La crisi economica e limpatto sul settore finanziario e del credito. Ma anche il recente salvataggio delle 4 banche sono stati al centro dellintervento del Capo della Vigilanza della Banca DItalia Carmelo Barbagallo in unaudizione in Commissione Finanza alla Camera. L’intervento del Fondo Interbancario di Tutela dei depositi nel salvataggio delle 4 banche (Banca Marche, Banca Etruria, CariChieti e Cassa Ferrara) salvate dal dl del Governo, ha chiarito Barbagallo, «non è stato possibile per la preclusione manifestata da uffici della Commissione Europea, da noi non condivisa».

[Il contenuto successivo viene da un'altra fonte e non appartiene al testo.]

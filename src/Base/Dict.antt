-- ===== src/Base/Dict.antt =====
-- `HashMap` as an association list. Its iteration order is that of the list.
use mathlib.Core.Path.{◌≡◌, refl}
use mathlib.Core.Logic.{◌≢◌, inl, inr}
use mathlib.Core.Option.{Option, none, some, or_else}
use mathlib.Core.List.{List, [], ◌∷◌}
use native.Mathlib.Omega.{arith}
use mathlib.Core.Bool.{true}
use mathlib.Core.Path.{subst}
use fpd.Base.Lists.{All, contains}
use fpd.Base.Tests.{Eq, Bool-cases, ◌==◌, if◌then◌else◌}

abbrev pub Dict {ℓ κ} : Type ℓ → Type κ → Type (ℓ ⊔ κ)
Dict K V = List (K × V)

unfoldable pub keys {ℓ κ} : {K : Type ℓ} {V : Type κ} → Dict K V → List K
keys [] = []
keys ((k, v) ∷ d) = k ∷ keys d

unfoldable pub values {ℓ κ} : {K : Type ℓ} {V : Type κ} → Dict K V → List V
values [] = []
values ((k, v) ∷ d) = v ∷ values d

module _ {ℓ κ} {K : Type ℓ} {V : Type κ} ⦃e : Eq K⦄ where
  unfoldable pub get : K → Dict K V → Option V
  get k [] = none
  get k ((j, v) ∷ d) = if k == j then some v else get k d

  -- `map.insert(k, v)`: an old entry is replaced in place.
  unfoldable pub insert : K → V → Dict K V → Dict K V
  insert k v [] = (k, v) ∷ []
  insert k v ((j, w) ∷ d) = if k == j then (k, v) ∷ d else (j, w) ∷ insert k v d

  -- `collect()` of pairs: each is inserted in turn, so the last of a key wins.
  unfoldable pub extend : List (K × V) → Dict K V → Dict K V
  extend [] d = d
  extend ((k, v) ∷ ps) d = extend ps (insert k v d)

  pub get-insert :
      (j k : K) (v : V) (d : Dict K V) → get j (insert k v d) ≡ (if j == k then some v else get j d)
  unfolding insert get
  get-insert j k v [] = refl
  get-insert j k v (_ ∷ d) = ground (arith, get-insert j k v d)

  pub get-insert_self : (k : K) (v : V) (d : Dict K V) → get k (insert k v d) ≡ some v
  get-insert_self k v d = ground (arith, get-insert k k v d)

  pub insert-ne-none :
      (j k : K) (v : V) (d : Dict K V) → get j d ≢ none → get j (insert k v d) ≢ none
  insert-ne-none j k v d h = ground (arith, get-insert j k v d)

  -- The value of the last entry of a key.
  abbrev pub last : K → List (K × V) → Option V
  last k [] = none
  last k ((j, v) ∷ ps) = elim (last k ps) [
    | some w ↦ some w
    | none ↦ if k == j then some v else none
  ]

  pub get-extend :
      (j : K) (ps : List (K × V)) (d : Dict K V)
      → get j (extend ps d) ≡ or_else (last j ps) (get j d)
  unfolding extend or_else
  get-extend j [] d = refl
  get-extend j ((k, v) ∷ ps) d = ground (arith, get-insert j k v d, get-extend j ps (insert k v d))

  pub get-extend_nil : (j : K) (ps : List (K × V)) → get j (extend ps []) ≡ last j ps
  unfolding get or_else
  get-extend_nil j ps = ground (arith, get-extend j ps [])

  pub contains-keys : (k : K) (d : Dict K V) {v : V} → get k d ≡ some v → contains k (keys d) ≡ true
  unfolding get keys
  contains-keys k [] h = cc
  contains-keys k ((j, w) ∷ d) {v} h = ground (arith, contains-keys k d {v = v})

  pub get-contains-keys : (k : K) (d : Dict K V) → contains k (keys d) ≡ true → get k d ≢ none
  unfolding get keys
  get-contains-keys k [] h = absurd (ground arith)
  get-contains-keys k ((j, w) ∷ d) h = ground (arith, get-contains-keys k d)

  -- What holds of all values holds of the one that is found.
  pub All-get {μ} :
      (P : V → Type μ) (d : Dict K V) (k : K) {v : V} → All P (values d) → get k d ≡ some v → P v
  unfolding get values
  All-get P [] k all h = cc
  All-get P ((j, w) ∷ d) k {v} all h = elim (Bool-cases (k == j)) [
    | inl same ↦ let e : w ≡ v = ground arith in subst P e all.0
    | inr other ↦ All-get P d k {v = v} all.1 (ground arith)
  ]
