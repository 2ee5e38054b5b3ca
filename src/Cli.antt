-- ===== src/Cli.antt =====
-- src/cli.rs
pub mod Interval
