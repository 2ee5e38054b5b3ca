-- ===== src/Cli/Interval.antt =====
-- `IntervalDuration::from_str` of src/cli.rs, on the bytes of the argument, with what it uses of
-- the standard library's `str` and `u64`.
pub mod Decimal
pub mod Laws
use fpd.Base.{
  ℕ, zero, suc, ◌+◌, ◌-◌, ◌*◌, Bool, true, false, ◌&&◌, ◌||◌, List, [], ◌∷◌, length, take, drop,
  Outcome, ok, err, panicked, ◌>>=◌, ltb, leb, eqb, if◌then◌else◌, Profile, u64_mod, mul_u64,
  pred_usize,
}

pub data Error : Type 0 where
  empty_number invalid_digit overflow invalid_interval : Error

-- `str::is_char_boundary`: the byte there, if any, is no continuation byte of UTF-8.
abbrev pub starts_char : List ℕ → Bool
starts_char [] = true
starts_char (b ∷ rest) = ltb b 128 || leb 192 b

-- `str::split_at`
abbrev pub split_at : List ℕ → ℕ → Outcome Error (List ℕ × List ℕ)
split_at s mid =
    if leb mid (length s) && starts_char (drop mid s) then ok (take mid s, drop mid s) else panicked

-- `u64::from_str`
unfoldable pub digits : ℕ → List ℕ → Outcome Error ℕ
digits acc [] = ok acc
digits acc (c ∷ cs) =
    if leb b'0' c && leb c b'9'
    then if ltb (acc * 10 + (c - b'0')) u64_mod
      then digits (acc * 10 + (c - b'0')) cs
      else err overflow
    else err invalid_digit

unfoldable pub unsigned : ℕ → List ℕ → Outcome Error ℕ
unfolding digits
unsigned c [] = if eqb c b'+' then err invalid_digit else digits 0 (c ∷ [])
unsigned c (d ∷ ds) = if eqb c b'+' then digits 0 (d ∷ ds) else digits 0 (c ∷ d ∷ ds)

unfoldable pub u64_from_str : List ℕ → Outcome Error ℕ
unfolding unsigned
u64_from_str [] = err empty_number
u64_from_str (c ∷ cs) = unsigned c cs

module _ (p : Profile) where
  -- The arms of the `match`, in seconds.
  unfoldable pub seconds : List ℕ → List ℕ → Outcome Error ℕ
  seconds s (c ∷ []) =
      if eqb c b's'
      then u64_from_str s
      else if eqb c b'm'
      then (do n ← u64_from_str s; mul_u64 p n 60)
      else if eqb c b'h'
      then (do n ← u64_from_str s; minutes ← mul_u64 p n 60; mul_u64 p minutes 60)
      else err invalid_interval
  seconds s _ = err invalid_interval

  -- The interval, in seconds.
  unfoldable pub from_str : List ℕ → Outcome Error ℕ
  unfolding seconds u64_from_str
  from_str s = do mid ← pred_usize p (length s); parts ← split_at s mid; seconds parts.0 parts.1
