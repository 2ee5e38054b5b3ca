-- ===== src/Cli/Interval/Decimal.antt =====
-- Decimal numerals, and that `u64::from_str` reads them back.
use fpd.Base.{
  ℕ, zero, suc, ◌+◌, ◌-◌, ◌*◌, ◌/◌, ◌%◌, ◌≤◌, ◌<◌, ◌≡◌, refl, sym, ap, ◌∙◌, arith, List, [], ◌∷◌,
  ◌++◌, ok, ◌>>=◌, inl, inr, length, length-append, ltb, Bool-cases, if◌then◌else◌, u64_mod,
}
use fpd.Cli.Interval.{digits, unsigned, u64_from_str}

-- With fuel: a round for each digit, and one for the last.
unfoldable pub decimal : ℕ → ℕ → List ℕ
decimal zero n = []
decimal (suc fuel) n =
    let front = decimal fuel (n / 10) in
    if ltb n 10 then (b'0' + n) ∷ [] else front ++ ((b'0' + n % 10) ∷ [])

unfoldable pub print : ℕ → List ℕ
unfolding decimal
print n = decimal (suc n) n

digits-append :
    (acc : ℕ) (xs ys : List ℕ) → digits acc (xs ++ ys) ≡ (digits acc xs >>= λ n. digits n ys)
unfolding digits
digits-append acc [] ys = refl
digits-append acc (c ∷ xs) ys = ground (arith, digits-append (acc * 10 + (c - b'0')) xs ys)

digits-one :
    (acc d : ℕ) → d < 10 → acc * 10 + d < u64_mod → digits acc ((b'0' + d) ∷ []) ≡ ok (acc * 10 + d)
unfolding digits
digits-one acc d h small = ground arith

digits-front :
    (front : List ℕ) (n : ℕ)
    → n < u64_mod
    → digits 0 front ≡ ok (n / 10)
    → digits 0 (front ++ ((b'0' + n % 10) ∷ [])) ≡ ok n
digits-front front n small read =
    rw (digits-append 0 front ((b'0' + n % 10) ∷ []), read)
      (digits-one (n / 10) (n % 10) (omega arith) (omega arith) ∙ ap ok (omega arith))

digits-decimal : (fuel n : ℕ) → n < fuel → n < u64_mod → digits 0 (decimal fuel n) ≡ ok n
unfolding decimal
digits-decimal zero n h small = absurd (omega arith)
digits-decimal (suc fuel) n h small = elim (Bool-cases (ltb n 10)) [
  | inl one ↦ rw one (digits-one 0 n (ground arith) (omega arith) ∙ ap ok (omega arith))
  | inr more ↦ rw more (
      digits-front (decimal fuel (n / 10)) n small
        (digits-decimal fuel (n / 10) (ground arith) (omega arith)))
]

-- The first byte of a numeral is a digit.
first-digit :
    (fuel n : ℕ)
    → n < fuel
    → (d : ℕ) × (ds : List ℕ) × (d < 10) × (decimal fuel n ≡ (b'0' + d) ∷ ds)
unfolding decimal
first-digit zero n h = absurd (omega arith)
first-digit (suc fuel) n h = elim (Bool-cases (ltb n 10)) [
  | inl one ↦ (n, [], ground arith, rw one)
  | inr more ↦
      let front = first-digit fuel (n / 10) (ground arith) in
      (
        front.0,
        front.1 ++ ((b'0' + n % 10) ∷ []),
        front.2,
        (rw more (ap (λ ds. ds ++ ((b'0' + n % 10) ∷ [])) front.3)),
      )
]

unsigned-digits :
    (d : ℕ) (ds : List ℕ) → d < 10 → unsigned (b'0' + d) ds ≡ digits 0 ((b'0' + d) ∷ ds)
unfolding unsigned
unsigned-digits d [] h = ground arith
unsigned-digits d (x ∷ ds) h = ground arith

pub u64_from_str-print : (n : ℕ) → n < u64_mod → u64_from_str (print n) ≡ ok n
unfolding print u64_from_str
u64_from_str-print n small =
    let first = first-digit (suc n) n (omega arith) in
    rw first.3 (
      unsigned-digits first.0 first.1 first.2
      ∙ sym (ap (digits 0) first.3)
      ∙ digits-decimal (suc n) n (omega arith) small)

length-decimal : (fuel n : ℕ) → length (decimal fuel n) ≤ n / 10 + 1
unfolding decimal
length-decimal zero n = omega arith
length-decimal (suc fuel) n = elim (Bool-cases (ltb n 10)) [
  | inl one ↦ rw one (omega arith)
  | inr more ↦ rw more (
      rw (length-append (decimal fuel (n / 10)) ((b'0' + n % 10) ∷ []))
        (let large : 10 ≤ n = ground arith in omega (arith, length-decimal fuel (n / 10))))
]

pub length-print : (n : ℕ) → length (print n) ≤ n / 10 + 1
unfolding print
length-print n = length-decimal (suc n) n
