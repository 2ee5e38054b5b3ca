-- ===== src/Cli/Interval/Laws.antt =====
-- What `IntervalDuration::from_str` of src/cli.rs answers, on well-formed and on ill-formed text.
use fpd.Base.{
  ℕ, ◌+◌, ◌*◌, ◌%◌, ◌≤◌, ◌<◌, ◌≡◌, refl, ap, ◌∙◌, arith, true, List, [], ◌∷◌, ◌++◌, length,
  length-append, take-append, drop-append, ok, panicked, if◌then◌else◌, Profile, debug, release,
  u64_mod, fit, fit-eq_of_lt, pred_usize,
}
use fpd.Cli.Interval.{Error, starts_char, split_at, seconds, u64_from_str, from_str}
use fpd.Cli.Interval.Decimal.{print, u64_from_str-print, length-print}

-- The units of an interval, the byte that names each and its seconds.
pub data Scale : Type 0 where
  by_second by_minute by_hour : Scale

abbrev pub symbol : Scale → ℕ
symbol by_second = b's'
symbol by_minute = b'm'
symbol by_hour = b'h'

abbrev pub factor : Scale → ℕ
factor by_second = 1
factor by_minute = 60
factor by_hour = 3600

pred_usize-suc : (p : Profile) (k : ℕ) → k < u64_mod → pred_usize {E = Error} p (k + 1) ≡ ok k
pred_usize-suc debug k h = ground arith
pred_usize-suc release k h = ap ok (omega arith)

pred_usize-length :
    (p : Profile) (s : List ℕ) (c : ℕ)
    → length s < u64_mod
    → pred_usize {E = Error} p (length (s ++ (c ∷ []))) ≡ ok (length s)
pred_usize-length p s c h = rw (length-append s (c ∷ [])) (pred_usize-suc p (length s) h)

split_at-last :
    (s : List ℕ) (c : ℕ)
    → split_at (s ++ (c ∷ [])) (length s)
      ≡ (if starts_char (c ∷ []) then ok (s, c ∷ []) else panicked)
split_at-last s c =
    rw (length-append s (c ∷ []), take-append s (c ∷ []), drop-append s (c ∷ [])) (ground arith)

-- The last byte is split off where a character starts there.
from_str-last :
    (p : Profile) (s : List ℕ) (c : ℕ)
    → length s < u64_mod
    → from_str p (s ++ (c ∷ [])) ≡ (if starts_char (c ∷ []) then seconds p s (c ∷ []) else panicked)
unfolding from_str
from_str-last p s c h = rw (pred_usize-length p s c h, split_at-last s c) (ground arith)

seconds-exact :
    (p : Profile) (scale : Scale) (s : List ℕ) (n : ℕ)
    → u64_from_str s ≡ ok n
    → n * factor scale < u64_mod
    → seconds p s (symbol scale ∷ []) ≡ ok (n * factor scale)
unfolding seconds
seconds-exact p by_second s n read small = rw read (ap ok (omega arith))
seconds-exact p by_minute s n read small = rw read (fit-eq_of_lt p u64_mod (n * 60) small)
seconds-exact p by_hour s n read small =
    rw (read, fit-eq_of_lt {E = Error} p u64_mod (n * 60) (omega arith))
      (fit-eq_of_lt p u64_mod (n * 60 * 60) (omega arith) ∙ ap ok (omega arith))

symbol-starts : (scale : Scale) → starts_char (symbol scale ∷ []) ≡ true
symbol-starts by_second = refl
symbol-starts by_minute = refl
symbol-starts by_hour = refl

from_str-scale :
    (p : Profile) (scale : Scale) (n : ℕ)
    → n < u64_mod
    → from_str p (print n ++ (symbol scale ∷ [])) ≡ seconds p (print n) (symbol scale ∷ [])
from_str-scale p scale n small =
    from_str-last p (print n) (symbol scale) (omega (arith, length-print n))
    ∙ ap (λ b. if b then seconds p (print n) (symbol scale ∷ []) else panicked)
        (symbol-starts scale)

-- A decimal numeral followed by `s`, `m` or `h` is read, in both build profiles, as its number
-- of seconds, minutes or hours, whenever that many seconds fit a `u64`.
pub from_str-print :
    (p : Profile) (scale : Scale) (n : ℕ)
    → n * factor scale < u64_mod
    → from_str p (print n ++ (symbol scale ∷ [])) ≡ ok (n * factor scale)
from_str-print p by_second n small =
    from_str-scale p by_second n (omega arith)
    ∙ seconds-exact p by_second (print n) n (u64_from_str-print n (omega arith)) small
from_str-print p by_minute n small =
    from_str-scale p by_minute n (omega arith)
    ∙ seconds-exact p by_minute (print n) n (u64_from_str-print n (omega arith)) small
from_str-print p by_hour n small =
    from_str-scale p by_hour n (omega arith)
    ∙ seconds-exact p by_hour (print n) n (u64_from_str-print n (omega arith)) small

-- The empty text, and every text whose last byte continues a character of several bytes, make
-- the parser panic in both build profiles, where the length of the text is a `usize`.
pub from_str-panicked :
    (p : Profile) (s : List ℕ) (c : ℕ)
    → 128 ≤ c
    → c < 192
    → length s < u64_mod
    → (from_str p [] ≡ panicked) × (from_str p (s ++ (c ∷ [])) ≡ panicked)
unfolding from_str
from_str-panicked debug s c low high fits = (refl, rw (from_str-last debug s c fits) (ground arith))
from_str-panicked release s c low high fits =
    (refl, rw (from_str-last release s c fits) (ground arith))

-- A numeral of minutes whose seconds leave the range of a `u64` panics in a debug build and is
-- read as the seconds modulo `2 ^ 64` in a release build.
pub from_str-overflow :
    (n : ℕ)
    → n < u64_mod
    → u64_mod ≤ n * 60
    → (from_str debug (print n ++ (b'm' ∷ [])) ≡ panicked)
      × (from_str release (print n ++ (b'm' ∷ [])) ≡ ok ((n * 60) % u64_mod))
unfolding seconds fit
from_str-overflow n small large = (
  from_str-scale debug by_minute n small ∙ rw (u64_from_str-print n small) (ground arith),
  from_str-scale release by_minute n small ∙ rw (u64_from_str-print n small) (ground arith),
)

Barbagallo ha segnalato che gli uffici della Commissione hanno di fatto considerato l’intervento del Fondo come un aiuto di Stato, assimilandolo all’utilizzo di risorse pubbliche. «Non condividiamo questo assunto. In Italia i sistemi di garanzia sono soggetti privati; i loro interventi alternativi al rimborso dei depositanti sono deliberati autonomamente e finanziati con risorse anch’esse private. L’assunto è inoltre in contrasto con la direttiva sui sistemi di garanzia dei depositi, che prevede e disciplina questi interventi. Assimilarli ad aiuti di Stato significa, di fatto, impedire che essi possano essere effettuati, come è invece previsto dalla normativa europea vigente e come è auspicabile in un’ottica di complessivo coordinamento tra le disposizioni sulla concorrenza e quelle sulla gestione delle crisi». Il capo della Vigilanza ha sottolineato che «Banca d’Italia, insieme al Governo, è impegnata a far valere queste ragioni. È necessario disporre di strumenti per gestire le crisi bancarie in maniera ordinata, anche al di fuori di procedure di risoluzione, come è nella nostra storia». Il dirigente di Via Nazionale ha quindi rilevato che «se la posizione della Commissione europea sul ruolo del Fitd dovesse essere confermata, sarà necessario ricercare altre strade».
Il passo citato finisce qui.